▸ Stored data entries:
· · · ·
-- ===== src/Workflow/Leases.antt =====
-- workflow/repository.py: `_leased`, the acknowledgements, `reap_expired` and `retry_delay`.
use homez.Prelude.{
  ℕ, ◌+◌, ◌-◌, ◌*◌, ◌/◌, ◌%◌, ◌^◌, min, max, Bool, true, false, ◌&&◌, String, List, [], ◌∷◌, Option,
  none, some, is_some, Result, ok, err, lost_lease, ◌>>=◌, where_rows, length, ltb, ◌==◌,
  if◌then◌else◌, commit,
}
use homez.Prelude.Chars.{take_chars}
use homez.Workflow.Jobs.{
  JobState, retry_wait, succeeded, dead_letter, manual_review, job_state_value, is_running_job, Job,
  JobAttempt, JobDb, ClaimedJob, get_job, get_job_attempt, put_job, put_job_attempt,
}

abbrev pub has_token : Option ℕ → ℕ → Bool
has_token none token = false
has_token (some t) token = t == token

unfoldable pub is_held : ClaimedJob → Job → Bool
is_held c j = is_running_job j.state && has_token j.lease_token c.lease_token

abbrev pub check_held : Option Job → ClaimedJob → Result Job
check_held none c = err lost_lease
check_held (some j) c = if is_held c j then ok j else err lost_lease

-- `_leased`; it does not ask whether the lease has expired
unfoldable pub leased_job : JobDb → ClaimedJob → Result Job
leased_job db c = check_held (get_job db c.id) c

-- `retry_delay`; `digest` is the number of the first two bytes of the SHA-256 of "id:attempt"
unfoldable pub base_delay : ℕ → ℕ
base_delay attempt = min 21600 (30 * 2 ^ (attempt - 1))

unfoldable pub job_retry_delay : (ℕ → ℕ → ℕ) → ℕ → ℕ → ℕ
unfolding base_delay
job_retry_delay digest job attempt =
    base_delay attempt + digest job attempt % max 1 (base_delay attempt / 5 + 1)

abbrev pub released : Job → Job
released j = record j { lease_owner = none; lease_token = none; lease_expires_at = none }

abbrev pub needs_attempt : Option JobAttempt → Result JobAttempt
needs_attempt none = err lost_lease
needs_attempt (some a) = ok a

abbrev pub done_attempt : ℕ → String → JobAttempt → JobAttempt
done_attempt now outcome a = record a { finished_at = some now; outcome = some outcome }

abbrev pub failed_attempt : ℕ → String → String → String → JobAttempt → JobAttempt
failed_attempt now outcome code detail a = record (done_attempt now outcome a) {
  error_code = some code;
  error_detail = some detail;
}

-- `_finish`, which only `succeed` calls
abbrev pub finished_job : ℕ → Job → Job
finished_job now j =
    released (record j { state = succeeded; updated_at = now; finished_at = some now })

unfoldable pub end_job : JobDb → ClaimedJob → ℕ → Result (JobState × JobDb)
end_job db c now = do
  j ← leased_job db c
  a ← needs_attempt (get_job_attempt db j.id j.attempt_count)
  ok (succeeded, put_job_attempt (done_attempt now "succeeded" a) (put_job (finished_job now j) db))

unfoldable pub succeed_job : ClaimedJob → ℕ → JobDb → Result JobState × JobDb
succeed_job c now db = commit (end_job db c now) db

-- the state that `fail` settles on
unfoldable pub failed_state : Job → Bool → Bool → JobState
failed_state j retryable manual =
    if manual
    then manual_review
    else if retryable && ltb j.attempt_count j.max_attempts
    then retry_wait
    else dead_letter

abbrev pub is_retry_wait : JobState → Bool
is_retry_wait retry_wait = true
is_retry_wait _ = false

abbrev pub failed_job : ℕ → ℕ → String → String → JobState → Job → Job
failed_job now delay code detail state j = released (record j {
  state = state;
  available_at = if is_retry_wait state then now + delay else j.available_at;
  updated_at = now;
  last_error_code = some code;
  last_error_detail = some detail;
  finished_at = if is_retry_wait state then j.finished_at else some now;
})

unfoldable pub lose_job :
    (ℕ → ℕ → ℕ) → JobDb → ClaimedJob → ℕ → String → String → Bool → Bool → Result (JobState × JobDb)
lose_job digest db c now code detail retryable manual = do
  j ← leased_job db c
  let state = failed_state j retryable manual
  a ← needs_attempt (get_job_attempt db j.id j.attempt_count)
  ok (
    state,
    put_job_attempt
        (failed_attempt now (job_state_value state) (take_chars 100 code) (take_chars 500 detail) a)
        (put_job
          (failed_job now (job_retry_delay digest j.id j.attempt_count) (take_chars 100 code)
            (take_chars 500 detail) state j)
          db),
  )

unfoldable pub fail_job :
    (ℕ → ℕ → ℕ) → ClaimedJob → ℕ → String → String → Bool → Bool → JobDb → Result JobState × JobDb
fail_job digest c now code detail retryable manual db =
    commit (lose_job digest db c now code detail retryable manual) db

-- the row after `defer`; a naive time is read as UTC
abbrev pub deferred_job : ℕ → ℕ → String → String → Job → Job
deferred_job now at code detail j = released (record j {
  state = retry_wait;
  available_at = max at now;
  updated_at = now;
  last_error_code = some code;
  last_error_detail = some detail;
})

unfoldable pub put_off : JobDb → ClaimedJob → ℕ → ℕ → String → String → Result (JobState × JobDb)
put_off db c now at code detail = do
  j ← leased_job db c
  a ← needs_attempt (get_job_attempt db j.id j.attempt_count)
  ok (
    retry_wait,
    put_job_attempt
        (failed_attempt now "retry_wait" (take_chars 100 code) (take_chars 500 detail) a)
        (put_job (deferred_job now at (take_chars 100 code) (take_chars 500 detail) j) db),
  )

unfoldable pub defer_job : ClaimedJob → ℕ → ℕ → String → String → JobDb → Result JobState × JobDb
defer_job c now at code detail db = commit (put_off db c now at code detail) db

abbrev pub is_over : Option ℕ → ℕ → Bool
is_over none now = false
is_over (some t) now = ltb t now

-- the WHERE clause of `reap_expired`
unfoldable pub is_lost : ℕ → Job → Bool
is_lost now j = is_running_job j.state && is_over j.lease_expires_at now

abbrev pub reaped_job : ℕ → Job → Job
reaped_job now j = released (record j {
  state = retry_wait;
  available_at = now;
  last_error_code = some "lease-expired";
  last_error_detail = some "worker lease expired before acknowledgement";
  updated_at = now;
})

-- the attempt is marked unless it is finished
abbrev pub mark_lost : ℕ → Option JobAttempt → JobDb → JobDb
mark_lost now none db = db
mark_lost now (some a) db =
    if is_some a.finished_at then db else put_job_attempt (done_attempt now "lease-expired" a) db

unfoldable pub reap_job : ℕ → JobDb → Job → JobDb
reap_job now db j =
    mark_lost now (get_job_attempt db j.id j.attempt_count) (put_job (reaped_job now j) db)

unfoldable pub reap_jobs : ℕ → JobDb → List Job → JobDb
reap_jobs now db [] = db
reap_jobs now db (j ∷ js) = reap_jobs now (reap_job now db j) js

unfoldable pub reap_lost : ℕ → JobDb → Result ℕ × JobDb
reap_lost now db =
    let rows = where_rows (is_lost now) db.jobs in (ok (length rows), reap_jobs now db rows)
· · · ·
▸ What is being asked: Set down, exactly as they appear, the lines above from the first one to the line that holds "leased_job db c = check_held", both included, please, and no others.

▸ Response below:
-- ===== src/Workflow/Leases.antt =====
-- workflow/repository.py: `_leased`, the acknowledgements, `reap_expired` and `retry_delay`.
use homez.Prelude.{
  ℕ, ◌+◌, ◌-◌, ◌*◌, ◌/◌, ◌%◌, ◌^◌, min, max, Bool, true, false, ◌&&◌, String, List, [], ◌∷◌, Option,
  none, some, is_some, Result, ok, err, lost_lease, ◌>>=◌, where_rows, length, ltb, ◌==◌,
  if◌then◌else◌, commit,
}
use homez.Prelude.Chars.{take_chars}
use homez.Workflow.Jobs.{
  JobState, retry_wait, succeeded, dead_letter, manual_review, job_state_value, is_running_job, Job,
  JobAttempt, JobDb, ClaimedJob, get_job, get_job_attempt, put_job, put_job_attempt,
}

abbrev pub has_token : Option ℕ → ℕ → Bool
has_token none token = false
has_token (some t) token = t == token

unfoldable pub is_held : ClaimedJob → Job → Bool
is_held c j = is_running_job j.state && has_token j.lease_token c.lease_token

abbrev pub check_held : Option Job → ClaimedJob → Result Job
check_held none c = err lost_lease
check_held (some j) c = if is_held c j then ok j else err lost_lease

-- `_leased`; it does not ask whether the lease has expired
unfoldable pub leased_job : JobDb → ClaimedJob → Result Job
leased_job db c = check_held (get_job db c.id) c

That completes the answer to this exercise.